WHAT IS IT?
The entire digestive tract is lined internally by a layer called the mucosa. The mucosa located in the stomach and duodenum has a special resistance due to contact with highly corrosive substances such as:
Responsible for breaking down ingested food into its basic principles that can be absorbed by the blood and used as nutrients by various tissues of our body.
When one or other circumstance this mucosa is injured, we speak of peptic ulcer disease, according affecting the stomach or duodenum, respectively referred to as gastric or duodenal ulcer.
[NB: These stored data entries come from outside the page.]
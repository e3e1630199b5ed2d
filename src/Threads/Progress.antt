-- ===== src/Threads/Progress.antt =====
-- The steps of one goroutine, one after the other, up to the return of its call.
use touchvault.Base.{ℕ, zero, suc, List, [], ◌∷◌, ◌++◌, none, ◌≡◌, ◌≢◌, refl, arith, ◌∙◌, ap}
use touchvault.Errors.{Result}
use touchvault.Effects.Programs.{Prog, done, tick, run}
use touchvault.Threads.{Thread, idle, waits, runs, System, Event, goes, go, turn, turns}

-- A goroutine takes a number of steps, and no other goroutine takes one.
unfoldable pub only : {O : Type 0} → ℕ → ℕ → List (Event O)
only zero i = []
only (suc n) i = goes i ∷ only n i

-- A schedule after another.
pub turns-append :
    {S O A : Type 0} (mutex_of : O → ℕ) (body : O → Prog S A) (es fs : List (Event O))
    (y : System S O A)
    → turns mutex_of body (es ++ fs) y ≡ turns mutex_of body fs (turns mutex_of body es y)
unfolding turns
turns-append mutex_of body [] fs y = refl
turns-append mutex_of body (e ∷ es) fs y = turns-append mutex_of body es fs (turn mutex_of body e y)

module _ {S O A : Type 0} (mutex_of : O → ℕ) (body : O → Prog S A) where
  -- What a goroutine that has locked a mutex leaves when it has returned.
  pub record Returned (i : ℕ) (o : O) (y z : System S O A) (p : Prog S A) : Type 0 where
    pub left : z.holder (mutex_of o) ≡ none
    pub others : (j : ℕ) → j ≢ i → z.thread j ≡ y.thread j
    pub out : z.thread i ≡ idle
    pub logged : z.log ≡ (i, o, (run p y.shared).0) ∷ y.log
    pub changed : z.shared ≡ (run p y.shared).1

  -- The first of several steps, where it is known what the goroutine is about to do.
  pub only-suc :
      (n i : ℕ) (t : Thread S O A) (y : System S O A)
      → y.thread i ≡ t
      → turns mutex_of body (only (suc n) i) y
        ≡ turns mutex_of body (only n i) (go mutex_of body i t y)
  unfolding only turns turn
  only-suc n i t y e =
      ap (λ (u : Thread S O A). turns mutex_of body (only n i) (go mutex_of body i u y)) e

  ticked :
      (i : ℕ) (o : O) (f : S → S) (k : S → Prog S A) (y w : System S O A)
      → Returned i o (go mutex_of body i (runs o (tick f k)) y) w (k y.shared)
      → Returned i o y w (tick f k)
  unfolding go run
  ticked i o f k y w h = record {
    left = h.left;
    others = λ j ne. h.others j ne ∙ ground (arith);
    out = h.out;
    logged = h.logged;
    changed = h.changed;
  }

  go-done :
      (i : ℕ) (o : O) (r : Result A) (y : System S O A)
      → Returned i o y (go mutex_of body i (runs o (done r)) y) (done r)
  unfolding go run
  go-done i o r y = record {
    left = ground (arith);
    others = λ j ne. ground (arith);
    out = ground (arith);
    logged = refl;
    changed = refl;
  }

  pub go-tick :
      (i : ℕ) (o : O) (f : S → S) (k : S → Prog S A) (y : System S O A)
      → (go mutex_of body i (runs o (tick f k)) y).thread i ≡ runs o (k y.shared)
  unfolding go
  go-tick i o f k y = ground (arith)

  -- A goroutine that has locked a mutex returns after some steps of its own.
  pub runs_out :
      (p : Prog S A) (i : ℕ) (o : O) (y : System S O A)
      → y.thread i ≡ runs o p
      → (n : ℕ) × Returned i o y (turns mutex_of body (only n i) y) p
  unfolding turns only
  runs_out (done r) i o y e = (1, rw (only-suc 0 i (runs o (done r)) y e) (go-done i o r y))
  runs_out (tick f k) i o y e =
      let z = go mutex_of body i (runs o (tick f k)) y in
      let moved : z.thread i ≡ runs o (k y.shared) = go-tick i o f k y in
      let (n, returned) = runs_out (k y.shared) i o z moved in
      (
        suc n,
        rw (only-suc n i (runs o (tick f k)) y e)
            (ticked i o f k y (turns mutex_of body (only n i) z) returned),
      )

  pub go-waits :
      (i : ℕ) (o : O) (y : System S O A)
      → y.holder (mutex_of o) ≡ none
      → let z = go mutex_of body i (waits o) y in
        (z.thread i ≡ runs o (body o))
        × (z.shared ≡ y.shared)
        × ((j : ℕ) → j ≢ i → z.thread j ≡ y.thread j)
        × (z.log ≡ y.log)
  unfolding go
  go-waits i o y h = rw (h, go) (ground (arith), refl, λ j ne. ground (arith), refl)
This ulcer is a more or less large wound that produces a discontinuity of the mucosa. Sometimes it does occur but a real wound that appears superficial erosion is accompanied by inflammation, then we are faced with a gastritis or duodenitis, depending on your location.
The recent demonstration of the relationship of peptic ulcer with gastric infection by flagellated bacteria called Helicobacter pylori has revolutionized the concept of the disease, its diagnosis and treatment, although not all peptic ulcers are due to the infection (not all infected by this bacterium have peptic ulcers).
Under normal conditions there is a balance between aggressive factors (acid, pepsin) and the resistance of the mucosa to protect itself, through the secretion of gastric mucus of its irritant action. This balance can be changed for the following reasons:
A weakening of the mucosa or defenders, due to certain substances such as alcohol, anti-inflammatory drugs, aspirin, or retrograde passage of duodenal contents into the stomach.
An increase in acid secretion or pepsin. The former tends to cause stomach ulcers and duodenal second.
Classically, symptoms are seasonal, worsening in autumn and especially in spring to eased or disappear in summer and winter.
Usually, when the ulcer has been established, the subject has a pain that is located in the upper abdomen and keeping a rhythm associated with food (typically, though not infallible, it was said that the stomach ulcer pain with it empty and quiet while eating, while duodenal ulcer has an inverse relationship).
It is an annoying pain and usually changes the patient’s mood worsens while the states of anxiety.
This pain is accompanied by nausea and burning.
Sometimes causes bleeding of varying intensity that stain black stool or expel the vomit.
However, although pain is a common symptom, may be due to other diseases or develop an ulcer in people who do not experience pain.
The latter occurs in the elderly and in ulcers associated with intake of painkillers that mask.
Heavy or spicy food.
Stress and worry.
Serious diseases that produce a significant physiological stress, such as blood infections or extensive burns.
Disorders of intestinal activity.
Drugs that damage the gastric mucosa, especially anti-inflammatory drugs, both drugs (aspirin, diclofenac, oxicam, etc..) And steroids (cortisone and derivatives.)
Avoid eating foods that cause symptoms and too heavy meals.
Avoid taking anti-inflammatory drugs, or protect the stomach if they are essential, especially in susceptible persons.
DIAGNOSIS AND TREATMENT
The diagnosis will be issued by the physician and will be made through gastroduodenal study. Thus, the patient swallows a slurry with a contrast that will be visible on x-ray the stomach and duodenum, providing a template in the image that will be the ulcer.
It is now used primarily for gastroscopy: is inserted through the mouth tube (fiber optic) the thickness of a finger, which gives us a direct image of the state of the mucosa, stomach and duodenum.
It has the advantage of being more reliable and allows us to sample the lesion and see if it is gastritis, or cancer (which has similar radiographic images). In addition to confirm or rule out infection with Helicobacter pylori, face major treatment.
The treatment of choice depends on the existence of Helcobacter pylori infection or not.
If an infection, treatment is aimed at eliminating, by the administration during two weeks of a combination of antibiotics and gastric antisecretory drugs.
Once completed, shall be verified by a simple breath test (test that can not be used for the initial diagnosis, not being too precise), which has eradicated the bacteria:
If this is achieved, most ulcers heal completely.
If this fails, you should try another course of treatment, perhaps with a different combination of antibiotics.
If no infection, treatment of possible causal factors (decision-inflammatory, physiological or psychological stress management ,…) and antisecretory drugs often control symptoms in a few weeks, although in this case we can not ensure permanent cure .
Sometimes the ulcer can cause more serious paintings and complications that we will resort to surgery.
The two most serious complications of the ulcer arising from his character of injury:
If it reaches a blood vessel can bleed, sometimes very significantly, putting even their lives in danger.
If it does pass through the stomach, the contents of the can spread into the abdominal cavity, very serious situation, or digesting organs with which contact, causing pancreatitis, pancreatic pseudocyst, fistula gastrocolic (communication between the stomach and large intestine). ..
Perforated ulcer can lead to death if nothing is done surgically on time.
If successful eradication of Helicobacter pylori, you can ensure definitive cure in most cases.
In cases that are not due to the infection, the treatment described above allows a very effective control of the disease.